Foods Containing Tyramine – Tyramine is an amino acid that is present in various foods that have been aged, fermented, smoked, salted or dried, such as pepperoni, salami or bacon,  soy sauce or tofu. Other sources of tyramine include aged cheeses, cottage cheese, olives, nuts, beers and wines. Tyramine can give you an energy boost and feelings of wakefulness, but also take note that excess tyramine can cause high blood pressure and headaches in some people.

Maca – A South American root vegetable that has traditionally been used to increase both physical and mental performance. It can be bought in powdered form that can be added to smoothies, coffee or shaken with milk.

Chili Peppers – The evidence is anecdotal, but also fairly commonly reported that very spice foods can leave you feeling alert, boosted and even ‘high’.

Water – dehydration is known to sap energy levels, so make sure you keep well hydrated.

Blueberries – These are rich in anti-oxidants that can boots memory and concentration for up to 5 hours.

Beetroot Juice – The trendy new drink that contains nitrates that are thought to increase blood supply to the brain, which may improve attention, alertness and focus.

Artichoke – These  are rich in type IV-specific phosphodiesterase inhibitors that have been shown to reduce fatigue and increase in mental cognition.

Foods That Can Power You Throughout the Day

These are foods that give you a slow, steady release of energy, without the boost/crash that you get with sugary and white starchy food.

Wholegrain Cereals  – Wholemeal bread and pasta, brown rice  – these are digested slowly, as well as providing B-vitamins  and fibre for a healthy gut.

Oatmeal – Another slow release, high fibre source of energy. Add some fresh fruit and you have an awesome breakfast.

Protein – Protein is digested slowly, so provides a slow energy release. There is no glucose spike with protein digestion, so no post-eating energy crash.

Beans – Contain complex carbohydrates that offer sustained energy throughout the day.

Eggs – With slow release energy and packed full of essential nutrients, eggs make a great breakfast.
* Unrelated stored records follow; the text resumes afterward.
-- ===== src/Interrupts/Idt.antt =====
-- The table that `idt_init` of arch/x86/kernel/interrupts.c fills.
use rotary_os.Base.{
  ℕ, zero, suc, ◌+◌, ◌*◌, ◌/◌, ◌%◌, ◌^◌, ◌≤◌, ◌<◌, ◌≡◌, ◌≢◌, ◌⊎◌, inl, inr, refl, arith, true,
  false, ◌==◌, leb-cases, bit_and,
}
use mathlib.Core.Path.{◌∙◌}
use rotary_os.Base.Bits.{bit_and-low_mask}
use rotary_os.Interrupts.{IdtGate, set_idt_gate, set_gates, idt_init}

-- A gate as the processor reads it: a present 32-bit interrupt gate of the kernel's code segment
-- that leads to the address.
pub record IsGate (g : IdtGate) (address : ℕ) : Type 0 where
  pub offset : g.low_offset + g.high_offset * 2 ^ 16 ≡ address
  pub segment : g.segment_selector ≡ 8
  pub kind : (g.attributes ≡ 0x8e) × (g.reserved ≡ 0)

set_idt_gate-IsGate :
    (idt : ℕ → IdtGate) (n address : ℕ)
    → address < 2 ^ 32
    → IsGate (set_idt_gate idt n address n) address
unfolding set_idt_gate
set_idt_gate-IsGate idt n address h =
    let here : (n == n) ≡ true = ground arith in
    let low : bit_and address 0xffff ≡ address % 2 ^ 16 = bit_and-low_mask 16 address in
    let high : bit_and (address / 2 ^ 16) 0xffff ≡ address / 2 ^ 16 % 2 ^ 16 =
      bit_and-low_mask 16 (address / 2 ^ 16) in
    rw here (record { offset = omega (arith, low, high); segment = refl; kind = (refl, refl) })

set_idt_gate_other :
    (idt : ℕ → IdtGate) (n address j : ℕ) → j ≢ n → set_idt_gate idt n address j ≡ idt j
unfolding set_idt_gate
set_idt_gate_other idt n address j h =
    let apart : (j == n) ≡ false = ground (arith, h) in rw apart refl

set_gates_outside :
    (n : ℕ) (idt : ℕ → IdtGate) (isr : ℕ → ℕ) (i j : ℕ)
    → (j < i) ⊎ (i + n ≤ j)
    → set_gates n idt isr i j ≡ idt j
unfolding set_gates
set_gates_outside zero idt isr i j o = refl
set_gates_outside (suc n) idt isr i j o =
    set_gates_outside n (set_idt_gate idt i (isr i)) isr (i + 1) j (omega arith)
    ∙ set_idt_gate_other idt i (isr i) j (omega arith)

set_gates-IsGate :
    (n : ℕ) (idt : ℕ → IdtGate) (isr : ℕ → ℕ) (i j : ℕ)
    → ((k : ℕ) → isr k < 2 ^ 32)
    → i ≤ j
    → j < i + n
    → IsGate (set_gates n idt isr i j) (isr j)
unfolding set_gates
set_gates-IsGate zero idt isr i j h l u = absurd (omega arith)
set_gates-IsGate (suc n) idt isr i j h l u = elim (leb-cases j i) [
  | inl first ↦
      let e : j ≡ i = omega arith in
      rw (e, set_gates_outside n (set_idt_gate idt i (isr i)) isr (i + 1) i (omega arith))
        (set_idt_gate-IsGate idt i (isr i) (h i))
  | inr later ↦
      set_gates-IsGate n (set_idt_gate idt i (isr i)) isr (i + 1) j h (omega arith) (omega arith)
]

-- After `idt_init` each gate from 0 to 47 leads to the routine of its number, as an interrupt gate
-- of the kernel; the gates from 48 on are as before.
pub idt_init-IsGate :
    (idt : ℕ → IdtGate) (isr : ℕ → ℕ)
    → ((k : ℕ) → isr k < 2 ^ 32)
    → ((j : ℕ) → j < 48 → IsGate ((idt_init idt isr).1 j) (isr j))
      × ((j : ℕ) → 48 ≤ j → (idt_init idt isr).1 j ≡ idt j)
unfolding idt_init
idt_init-IsGate idt isr h = (
  λ j b. set_gates-IsGate 48 idt isr 0 j h (omega arith) (omega arith),
  λ j b. set_gates_outside 48 idt isr 0 j (omega arith),
)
Bran Cereal – Thanks to a healthy amount of B vitamins and complex carbohydrates and fibre, bran cereal is a food for lasting energy.

Apples – Contain high amounts of fibre and natural slow-release sugars to keep you going for a little while at least. Other studies have shown that apples contain quercetin, and other substances that are good for brain health.
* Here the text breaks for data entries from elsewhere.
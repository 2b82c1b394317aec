-- ===== src/Interrupts/Tests.antt =====
-- Runs of arch/x86/kernel/interrupts.c, and its theorems at concrete tables.
use rotary_os.Base.{ℕ, ◌+◌, ◌≡◌, ◌≢◌, refl, arith, [], ◌∷◌}
use rotary_os.Ports.{no_ports}
use rotary_os.Interrupts.{
  IdtGate, IsrRegisters, fault_at, non_present, was_write, user_mode, World, isr_handler,
  register_interrupt_handler, page_fault_report,
}
use rotary_os.Interrupts.Dispatch.{acknowledged, isr_handler-register}

abbrev blank : IdtGate
blank = record {
  low_offset = 0;
  segment_selector = 0;
  reserved = 0;
  attributes = 0;
  high_offset = 0;
}

-- A write by user code to a page that is not there.
page_fault_run :
    page_fault_report 6 0xB0000000
    ≡ fault_at 0xB0000000 ∷ (non_present ∷ (was_write ∷ (user_mode ∷ [])))
unfolding page_fault_report
page_fault_run = refl

abbrev timer_interrupt : IsrRegisters
timer_interrupt = record {
  edi = 0;
  esi = 0;
  ebp = 0;
  esp = 0;
  ebx = 0;
  edx = 0;
  ecx = 0;
  eax = 0;
  int_num = 32;
  error_code = 0;
  eip = 0;
  cs = 8;
  eflags = 0;
}

-- A handler adds its address.
abbrev add_address : ℕ → IsrRegisters → World ℕ → World ℕ
add_address a r w = (w.0, w.1 + a)

abbrev quiet : World ℕ
quiet = (no_ports, 0)

isr_handler-register_example :
    (timer_interrupt.int_num ≡ 32
      → isr_handler add_address (register_interrupt_handler (λ k. 0) 32 7) timer_interrupt 0 quiet
        ≡ ([], acknowledged (add_address 7 timer_interrupt (acknowledged quiet))))
    × (timer_interrupt.int_num ≢ 32
        → isr_handler add_address (register_interrupt_handler (λ k. 0) 32 7) timer_interrupt 0 quiet
          ≡ isr_handler add_address (λ k. 0) timer_interrupt 0 quiet)
isr_handler-register_example =
    isr_handler-register add_address (λ k. 0) 32 7 timer_interrupt 0 quiet (omega arith)
      (omega arith) (omega arith)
Nuts – Packed of energy and healthy oils such as omega-3, nuts can be a really healthy snack. Stick to the natural form of the nuts, salted and dry roasted nuts are not so healthy.
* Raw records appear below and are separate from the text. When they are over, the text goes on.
-- ===== src/Pmm.antt =====
-- The physical memory manager of kernel/pmm.c: a bitmap with one bit for each 4096-byte frame.
-- Its global variables are the fields of `Pmm`; each function takes and returns them.
pub mod Bitmap
pub mod Search
pub mod Alloc
pub mod Range
pub mod Session
pub mod Totals
pub mod Print
pub mod Count
mod Tests
use rotary_os.Base.{
  ℕ, zero, suc, ◌+◌, ◌-◌, ◌/◌, ◌%◌, ◌^◌, ◌<◌, bit_and, bit_or, Bool, false, ◌&&◌, ◌||◌, Option,
  none, some, leb, ◌==◌, if◌then◌else◌, add32, sub32, mul32, not32, update,
}
use rotary_os.Base.Bits.{bit_mask}

abbrev pub pmm_frame_size : ℕ
pmm_frame_size = 4096

-- `PMM_NO_FRAMES_AVAIL`, -1 as a `uint32`
abbrev pub pmm_no_frames_avail : ℕ
pmm_no_frames_avail = 2 ^ 32 - 1

-- The number of words of `pmm_memory_bitmap`.
abbrev pub bitmap_words : ℕ
bitmap_words = 4096

-- `memory_bitmap` gives the word at each index, behind the `bitmap_words` of the array the words that stand
-- there in memory. `overrun` is not a variable of the program: it holds once a word behind the array was written,
-- from when on the other globals are no longer what the model says.
pub record Pmm : Type 0 where
  pub memory_bitmap : ℕ → ℕ
  pub memory_start : ℕ
  pub memory_end : ℕ
  pub frames_max : ℕ
  pub frames_used : ℕ
  pub overrun : Bool

-- The initial values of the global variables.
abbrev pub initial : Pmm
initial = record {
  memory_bitmap = λ i. 0;
  memory_start = 0;
  memory_end = 0;
  frames_max = 0;
  frames_used = 0;
  overrun = false;
}

unfoldable pub set_memory_range : Pmm → ℕ → ℕ → Pmm
set_memory_range s start_addr end_addr = record s {
  memory_start = start_addr;
  memory_end = end_addr;
  frames_max = sub32 end_addr start_addr / pmm_frame_size;
}

-- The result, and whether the unconfigured range was met, where the code calls `debug_break`.
unfoldable pub init : Pmm → ℕ × Bool
init s = (1, (s.memory_start == 0) && (s.memory_end == 0))

pub set_frame_used : Pmm → ℕ → Pmm
set_frame_used s frame_num = if leb s.frames_max frame_num then s else record s {
  memory_bitmap =
      update s.memory_bitmap (frame_num / 32)
        (bit_or (s.memory_bitmap (frame_num / 32)) (bit_mask (frame_num % 32)));
  frames_used = add32 s.frames_used 1;
  overrun = s.overrun || leb bitmap_words (frame_num / 32);
}

pub set_frame_free : Pmm → ℕ → Pmm
set_frame_free s frame_num = if leb s.frames_max frame_num then s else record s {
  memory_bitmap =
      update s.memory_bitmap (frame_num / 32)
        (bit_and (s.memory_bitmap (frame_num / 32)) (not32 (bit_mask (frame_num % 32))));
  frames_used = sub32 s.frames_used 1;
  overrun = s.overrun || leb bitmap_words (frame_num / 32);
}

-- The inner loop: `rounds` bits of `word` from `b` on are left. `none` when it ends.
scan_word : (rounds word b : ℕ) → Option ℕ
scan_word zero word b = none
scan_word (suc n) word b =
    let rest = scan_word n word (b + 1) in if bit_and word (bit_mask b) == 0 then some b else rest

-- The outer loop: `rounds` words from index `i` on are left.
scan_words : (rounds : ℕ) → (ℕ → ℕ) → ℕ → Option ℕ
scan_words zero bitmap i = none
scan_words (suc n) bitmap i =
    let rest = scan_words n bitmap (i + 1) in
    elim (scan_word 32 (bitmap i) 0) [ some b ↦ some (add32 (mul32 (mul32 i 4) 8) b) | none ↦ rest ]

pub get_first_free_frame : Pmm → ℕ
unfolding scan_words scan_word
get_first_free_frame s = elim (scan_words (s.frames_max / 32) s.memory_bitmap 0) [
  | some frame ↦ frame
  | none ↦ pmm_no_frames_avail
]

-- The physical address of a frame.
abbrev pub frame_address : Pmm → ℕ → ℕ
frame_address s frame_num = add32 s.memory_start (mul32 frame_num pmm_frame_size)

pub alloc_frame : Pmm → ℕ × Pmm
alloc_frame s =
    let frame = get_first_free_frame s in (frame_address s frame, set_frame_used s frame)

pub dealloc_frame : Pmm → ℕ → Pmm
dealloc_frame s frame_phys_addr =
    set_frame_free s (sub32 frame_phys_addr s.memory_start / pmm_frame_size)

unfoldable pub align_4k : ℕ → ℕ
align_4k address = bit_and (sub32 (add32 address 4096) 1) (not32 (4096 - 1))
Bananas – Giving you an immediate boost, as well and giving you a longer term energy supply. They also contain potassium, tyramine and B-vitamins which can help with memory and concentration.

Foods for Long Term Brain Health

Oily Fish – Contain omega-3 fatty acids that are a vital component of brain tissue, regularly eating these has been shown to prevent cognitive decline with age. Good fish for this are salmon, trout, sardines, mackerel, herring and tuna.  Unfortunately seafood tends to concentrate man-made pollutants, so current advice is to limit seafood consumption to two portions a week, or less if you are pregnant.

Dark Leafy Greens – Spinach, kale, chard, broccoli, watercress, and other nutrient-packed greens help promote energy with high levels of brain-boosting Folate, Vitamins C and K and calcium and beta-carotene.

Walnuts – Walnuts have the most omega-3 of any nut, so are an easy way to raise you omega-3 levels.

Avocados – Avocados have been found to improve lutein levels in the brain, which is related to improved cognition. The avocado’s mono-saturated fats also benefit the information-carrying nerves in the brain.

Flax Seeds  – A source of omega-3 oils without the possible mercury content of oily fish.

Fresh Fruits – Contain anti-oxidants such as vitamin C that can help slow down age related mental decline.

To Sum It All Up

Many foods can help you stay alert through the day, and others can keep your brain healthy in the longer term, and some can do both.

Staying alert throughout the day is also helped by having the right environment around you, ideally with bright light and fresh air, and also by doing some light exercise whenever you can during your day.